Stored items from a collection
-- ===== src/Queue/Contents.antt =====
-- The items that a `queue` of include/queue.h holds, and a node that is linked behind them.
use lock_free.Common.{
  ℕ, suc, ◌≡◌, refl, ◌≢◌, Bool, true, false, List, [], ◌∷◌, ◌++◌, arith, ne→==, length, update, ◌∙◌,
  sym, subst,
}
use lock_free.Types.{DsImpl}
use lock_free.Command.{pure, ◌>>=◌, Returns, returns, bind}
use lock_free.MemoryAddress.{null}
use lock_free.NodeArena.{NodeArena, Valid-live}
use lock_free.NodeArena.Chain.{
  Cells, values, live_of, length-snoc, last_ptr, last_ptr-live, last_ptr-append, live_of-append,
  Chain, nil, cons, append, Chain-null, Chain-cons,
}
use lock_free.Queue.Ops.{Queue, unlock, link}
use lock_free.Queue.Locks.{drop_lock}

module _ {V : Type 0} (arena : NodeArena V) where
  open arena use {State, node, Valid, Ready}

  -- The arena's nodes in use are those of the list from `_head` to `_tail`.
  pub record IsQueue (held : Bool) (q : Queue State) (xs : Cells V) : Type 0 where
    pub mutex : q.mtx ≡ held
    pub valid : Valid q.nodes (live_of xs) (length xs)
    pub chain : Chain (node q.nodes) q.head xs
    pub last : q.tail ≡ last_ptr xs

  -- The queue is unlocked and holds `vs`, the first item at the head.
  abbrev pub Holds : Queue State → List V → Type 0
  Holds q vs = (xs : Cells V) × IsQueue false q xs × (values xs ≡ vs)

  -- A new node goes to the end.
  pub link_lem :
      {held : Bool} (q : Queue State) (xs : Cells V) (a : ℕ) (v : V)
      → q.mtx ≡ held
      → Valid q.nodes (update (live_of xs) a true) (suc (length xs))
      → Chain (node q.nodes) q.head xs
      → q.tail ≡ last_ptr xs
      → a ≢ null
      → live_of xs a ≡ false
      → node q.nodes a ≡ record { value = v; next = null }
      → Returns (λ _ q'. IsQueue held q' (xs ++ ((a, v) ∷ []))) (link arena a q)
  unfolding link
  link_lem q [] a v m val ch t ne out at_a =
      let h = Chain-null ch in
      rw h (
        returns (record {
          mutex = m;
          valid = Valid-live arena (λ b. live_of-append [] a v b) val;
          chain = cons ne at_a refl nil;
          last = refl;
        }))
  link_lem q ((p, u) ∷ xs) a v m val ch t ne out at_a =
      let (e, p_ne, _, _, _) = Chain-cons ch in
      let all = (p, u) ∷ xs in
      let l = last_ptr-live (p, u) xs in
      let s' = arena.set_next q.tail a q.nodes in
      let on = live_of all in
      let at_end : ((on q.tail) ≡ true) = subst (λ x. on x ≡ true) (sym t) l in
      let ((val', at_last, same), t_ne) : (Valid s' (update on a true) (suc (length all))
            × (node s' q.tail ≡ record { value = (node q.nodes q.tail).value; next = a })
            × ((b : ℕ) → update on a true b ≡ true → b ≢ q.tail → node s' b ≡ node q.nodes b))
          × (a ≢ q.tail) =
        (
          arena.set_next_law q.nodes (update on a true) (suc (length all)) q.tail a val
              (ground (arith, at_end)),
          ground (arith, at_end, out),
        ) in
      let same' : (b : ℕ) → on b ≡ true → b ≢ q.tail → node s' b ≡ node q.nodes b =
        λ b i n. same b (ground (arith, i)) n in
      rw (ne→== q.head null (λ z. p_ne (sym e ∙ z))) (
        returns (record {
          mutex = m;
          valid =
              Valid-live arena (λ b. live_of-append all a v b)
                (subst (λ n. Valid s' (update on a true) n) (length-snoc all (a, v)) val');
          chain =
              append ch out ne (same a (ground arith) t_ne ∙ at_a)
                (subst (λ x. node s' x ≡ record { value = (node q.nodes x).value; next = a }) t
                  at_last)
                (subst (λ x. (b : ℕ) → on b ≡ true → b ≢ x → node s' b ≡ node q.nodes b) t same');
          last = sym (last_ptr-append all a v);
        }))

  -- The end of a call: the lock is given back.
  pub release :
      {B : Type 0} (imp : DsImpl) (b : B) (q : Queue State) (xs : Cells V)
      → IsQueue true q xs
      → Returns (λ c q'. (c ≡ b) × IsQueue false q' xs) ((unlock imp >>= λ _. pure b) q)
  release imp b q xs i = bind _ (unlock imp) q (drop_lock imp q) (λ _ q' at.
      rw at
        (returns (refl, record { mutex = refl; valid = i.valid; chain = i.chain; last = i.last })))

Aim of the exercise
Which lines in the entries above contain "snoc"? Pull each of them out.

Written answer
  Cells, values, live_of, length-snoc, last_ptr, last_ptr-live, last_ptr-append, live_of-append,
                (subst (λ n. Valid s' (update on a true) n) (length-snoc all (a, v)) val');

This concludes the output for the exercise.